Little River Place-based Interviews

Floyd County Traditions, our legacy, place-based oral history series, continued in 2002 with interviews centered around life on and along the Little River in Floyd County, Virginia. Teams of Radford University student interviewers traveled to the homes and farms of fifteen interviewees to collect a trove of audio interviews.
Baptism on the Little River 1959

The Little River Series was directed by the Old Church Gallery’s Floyd Story Center in a community-university partnership with Radford University anthropology professor Dr. Melinda Bollar Wagner and her students. The series recorded the stories, family histories, and experiences of various aspects of life along the Little River in Floyd County. The student interview teams photographed the farms, homes, and Little River locations they visited. Sincere thanks to all for sharing their stories. Pictured here is a 1959 baptism on the Little River.

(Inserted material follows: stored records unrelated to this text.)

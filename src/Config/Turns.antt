-- ===== src/Config/Turns.antt =====
-- `GetNextServer` called again and again while the lists stay as they are: which servers have their turn.
use nrp_reference.Base.{
  ℕ, zero, suc, ◌+◌, ◌-◌, ◌%◌, ◌<◌, ◌≡◌, refl, ap, ◌∙◌, ◌⊎◌, inl, inr, Bool, true, false, List, [],
  Option, none, some, Outcome, ok, ◌>>=◌, arith, length, ltb, leb, Bool-cases, if◌then◌else◌,
}
use nrp_reference.ServerRecord.{ServerRecord}
use nrp_reference.Config.State.{Config}
use nrp_reference.Config.Lists.{next}
use nrp_reference.Config.Servers.{
  ServerRef, in_active, in_probationary, step_iterator, choose_server, get_next_server,
}

-- What the call after `k` others returns.
abbrev pub nth_next : ℕ → Config → Outcome (Config × ServerRef)
nth_next zero c = get_next_server c
nth_next (suc k) c = do (c', ref) ← get_next_server c; nth_next k c'

-- The index after an index, and the one `k` steps on, in a list of `n` elements.
abbrev advance : ℕ → ℕ → ℕ
advance n j = if ltb (j + 1) n then j + 1 else 0

abbrev spot : ℕ → ℕ → ℕ → ℕ
spot n j zero = j
spot n j (suc k) = spot n (advance n j) k

spot_near : (n j d : ℕ) → j + d < n → spot n j d ≡ j + d
spot_near n j zero h = omega arith
spot_near n j (suc d) h = ground (arith, spot_near n (j + 1) d (omega arith))

advance_within : (n j : ℕ) → j + 1 < n → advance n j ≡ j + 1
advance_within n j h = ground arith

advance_last : (n j : ℕ) → j + 1 ≡ n → advance n j ≡ 0
advance_last n j h = ground arith

spot_wrap : (n j d k e : ℕ) → j + suc d ≡ n → k ≡ d + e → spot n j (suc k) ≡ spot n 0 e
spot_wrap n j zero k e h hk =
    let same : k ≡ e = omega arith in rw (advance_last n j (omega arith), same) refl
spot_wrap n j (suc d) zero e h hk = absurd (omega arith)
spot_wrap n j (suc d) (suc k) e h hk =
    rw (advance_within n j (omega arith)) (spot_wrap n (j + 1) d k e (omega arith) (omega arith))

-- The number of steps from one index to another.
distance : (n j i : ℕ) → j < n → i < n → (k : ℕ) × (k < n) × (spot n j k ≡ i)
distance n j i hj hi = elim (Bool-cases (leb j i)) [
  | inl ahead ↦ (i - j, ground arith, ground (arith, spot_near n j (i - j) (ground arith)))
  | inr behind ↦ (
    suc (n - suc j + i),
    ground arith,
    spot_wrap n j (n - suc j) (n - suc j + i) i (omega arith) refl
        ∙ (spot_near n 0 i (omega arith) ∙ omega arith),
  )
]

step_iterator-advance :
    (ss : List ServerRecord) (j : ℕ)
    → 0 < length ss
    → step_iterator ss (some j) ≡ some (advance (length ss) j)
unfolding step_iterator
step_iterator-advance ss j h = ground arith

-- Where the iterator of the active servers stands after the next call.
abbrev first_spot : Config → ℕ
first_spot c = elim c.active_iterator [ none ↦ 0 | some j ↦ advance (length c.active_servers) j ]

step_iterator-first_spot :
    (c : Config)
    → 0 < length c.active_servers
    → step_iterator c.active_servers c.active_iterator ≡ some (first_spot c)
unfolding step_iterator
step_iterator-first_spot c h = ground arith

step_iterator_nil : (o : Option ℕ) → step_iterator [] o ≡ none
unfolding step_iterator
step_iterator_nil o = ground arith

-- A call with no probationary server, and as many of them as one likes.
get_next_server-active :
    (c : Config) (j : ℕ)
    → c.probationary_servers ≡ []
    → step_iterator c.active_servers c.active_iterator ≡ some j
    → get_next_server c
      ≡ ok (
        record c {
          active_iterator = some j;
          probationary_iterator = none;
          prev_returned_probationary = false;
        },
        in_active j,
      )
unfolding get_next_server choose_server
get_next_server-active c j none_there at = elim (Bool-cases c.prev_returned_probationary) [
  | inl last ↦ ground (arith, step_iterator_nil c.probationary_iterator)
  | inr last ↦ ground (arith, step_iterator_nil c.probationary_iterator)
]

nth_next-spot :
    (k : ℕ) (c : Config) (j : ℕ)
    → c.probationary_servers ≡ []
    → 0 < length c.active_servers
    → step_iterator c.active_servers c.active_iterator ≡ some j
    → (c' : Config) × (nth_next k c ≡ ok (c', in_active (spot (length c.active_servers) j k)))
nth_next-spot zero c j none_there some_there at = (_, get_next_server-active c j none_there at)
nth_next-spot (suc k) c j none_there some_there at = rw (get_next_server-active c j none_there at) (
    nth_next-spot k
      (record c {
        active_iterator = some j;
        probationary_iterator = none;
        prev_returned_probationary = false;
      })
      (advance (length c.active_servers) j) none_there some_there
      (step_iterator-advance c.active_servers j some_there))

-- While no server is on probation, each of the `n` active servers is returned by one of the next `n` calls,
-- wherever the iterators stand.
pub nth_next-active :
    (c : Config) (i : ℕ)
    → c.probationary_servers ≡ []
    → i < length c.active_servers
    → (k : ℕ) × (k < length c.active_servers)
      × ((c' : Config) × (nth_next k c ≡ ok (c', in_active i)))
nth_next-active c i none_there h =
    let (k, near, there) = distance (length c.active_servers) (first_spot c) i (ground arith) h in
    let (c', at) =
      nth_next-spot k c (first_spot c) none_there (omega arith)
        (step_iterator-first_spot c (omega arith)) in
    (k, near, (c', at ∙ ap (λ j. ok (c', in_active j)) there))

-- The iterators before the first call, or after one: at an even index exactly when an active server was
-- returned last.
abbrev pub IsInStep : ℕ → Option ℕ → Bool → Type 0
IsInStep n none prev = prev ≡ true
IsInStep n (some j) prev =
    (j < n) × (((j % 2 ≡ 0) × (prev ≡ false)) ⊎ ((j % 2 ≡ 1) × (prev ≡ true)))

abbrev pub IsEven : ServerRef → Type 0
IsEven (in_active i) = i % 2 ≡ 0
IsEven _ = Unit

-- Where an iterator at an index, or none, stands after the next call.
abbrev index_after : ℕ → Option ℕ → ℕ
index_after n none = 0
index_after n (some i) = advance n i

index_after-IsInStep :
    (n : ℕ) (o : Option ℕ) (prev : Bool)
    → n % 2 ≡ 0
    → 0 < n
    → IsInStep n o prev
    → (index_after n o < n)
      × (((index_after n o % 2 ≡ 0) × (prev ≡ true)) ⊎ ((index_after n o % 2 ≡ 1) × (prev ≡ false)))
index_after-IsInStep n none prev even some_there h = ground arith
index_after-IsInStep n (some i) prev even some_there h = ground arith

step_iterator-index_after :
    (ss : List ServerRecord) (o : Option ℕ)
    → 0 < length ss
    → step_iterator ss o ≡ some (index_after (length ss) o)
unfolding step_iterator
step_iterator-index_after ss none h = ground arith
step_iterator-index_after ss (some i) h = ground arith

abbrev pub InTurn : Config → Type 0
InTurn c =
    (length c.active_servers % 2 ≡ 0)
    × (0 < length c.active_servers)
    × (0 < length c.probationary_servers)
    × IsInStep (length c.active_servers) c.active_iterator c.prev_returned_probationary

-- One call, whichever list it takes from.
call-InTurn :
    (c : Config)
    → InTurn c
    → (c' : Config) × (ref : ServerRef) × (get_next_server c ≡ ok (c', ref))
      × InTurn c'
      × IsEven ref
unfolding get_next_server choose_server
call-InTurn c (even, some_active, some_probationary, step) =
    let n = length c.active_servers in
    let j = index_after n c.active_iterator in
    let q = index_after (length c.probationary_servers) c.probationary_iterator in
    let (near, parity) =
      index_after-IsInStep n c.active_iterator c.prev_returned_probationary even some_active step in
    let active = step_iterator-index_after c.active_servers c.active_iterator some_active in
    let probationary =
      step_iterator-index_after c.probationary_servers c.probationary_iterator some_probationary in
    elim parity [
      | inl (even_index, prev) ↦ (
        record c {
          active_iterator = some j;
          probationary_iterator = some q;
          prev_returned_probationary = false;
        },
        in_active j,
        ground (arith, active, probationary, prev),
        (even, some_active, some_probationary, (near, inl (even_index, refl))),
        even_index,
      )
      | inr (odd_index, prev) ↦ (
        record c {
          active_iterator = some j;
          probationary_iterator = some q;
          prev_returned_probationary = true;
        },
        in_probationary q,
        ground (arith, active, probationary, prev),
        (even, some_active, some_probationary, (near, inr (odd_index, refl))),
        tt,
      )
    ]

-- While the number of active servers is even and a server is on probation, from the iterators of a new
-- configuration on, every call returns a server, but never an active one at an odd index: each call moves
-- both iterators, also that of the list that it does not take from.
pub nth_next-starved :
    (k : ℕ) (c : Config)
    → InTurn c
    → (c' : Config) × (ref : ServerRef) × (nth_next k c ≡ ok (c', ref)) × IsEven ref
nth_next-starved zero c h =
    let (c', ref, call, next, even) = call-InTurn c h in (c', ref, call, even)
nth_next-starved (suc k) c h =
    let (c', ref, call, next, even) = call-InTurn c h in rw call (nth_next-starved k c' next)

Below is a list of the people interviewed. Click on any of the highlighted names to read more about that particular interview:


  • David Allen (2002)
  • Iva Bower (2002)
  • James Coartney (2002)
  • Katherine Delauney (2002)
  • Carl & Mae Dobbins (2002)
  • George & Bettie Edwards (2002)
  • Angie Gallimore; Dale Gallimore (2002)
  • Leslie & Cornelia Gallimore (2002)
  • Silvie Granatelli (2002)
  • Gertrude Harris; Jessie Skeen (2002)
  • Jack Lawson (2002)
  • Cindy Maxwell (2002)
  • Wade & Mary Poff (2002)
  • Cobern Quesenberry (2002)
  • Garfield & Velma Radford (2002)
  • Margie & Roger Shortt (2002)
  • Dorsey & Louise Thompson (2002)
  • Terry Thompson (2002)
  • Annie Ruth Wood (2002)
  • Rob Yard (2002)
Little River view 2002

2002 Little River, RU Student Interview Teams

Radford University Anthropology 411 Appalachian Cultures class with Melinda Bollar Wagner, Ph.D., Professor; and Maple R. Potts, Research Assistant; and students Kathryn Ballard, Melissa Bellows, Matt Burgess, Jennifer Cline, Lindsay Coada, Ashley Crabtree, Nicole Danhauser, Dixine Darist, Christine England, Rosalynn Good, Rachel Greene, Joseph Gregory, Jessica Hamby, Megan Holzbauer, Holly Hyler, David Jones, Robert Ketner, Anna Klick, Ivan Levin, Jennifer Neel, Amy Phillips, Ashley Robbins, Kelly Schwenk, Tiffany Shifflett, Beth Smit, Tammy Stiles, Steven Storer, and Emily Talbot

Thank you all!

Map of the Little River, Floyd County, Virginia

Floyd County’s unofficial motto is “One stoplight, no railroads, and all the water flows out,” including the Little River, which begins near the Head of the River Primitive Baptist Church (Salem Church) Copper Hill. The two forks of the river meander round-about routes through much of the county, joining as an eventual tributary to the New River, the Kanawha, the Ohio, and on to the Mississippi. In 2002, Dr. Melinda Bollar Wagner’s Radford University Anthropology 411 Appalachian Cultures class interviewed residents who lived near the Little River. Along with The Floyd Story Center at the Old Church Gallery, where the complete archive resides, the New River Land Trust partnered with the class and received a summary report.

Interviewees told of riverside gatherings and wildlife sightings and recalled gigging for frogs and fishing, observing that marine life was once more plentiful and diverse. They described past floods but noted shallower river depths now, with ice cover less frequent and thinner. The river once provided ice harvests, with ice thick enough to hold the weight of a car. Asked about the future of the river, interviewees mentioned pollution and development as concerns.

Sowers Mill Dam, Little River
Sowers Mill Dam, October, 2002 – former 1920s electric power station on the Little River

In 2003, the Anthropology 493 Practicum in Anthropology class – Kathryn Ballard, Holly Hyler, Anna Klick, Jennifer Neel, and Tiffany Shifflett – developed a multi-media presentation for the Appalachian Studies Association Conference at Eastern Kentucky University in Richmond, Kentucky, March 28-30, 2003, “The Little River Talks Back: University-Community Study of Environment and Culture in the Little River Watershed.”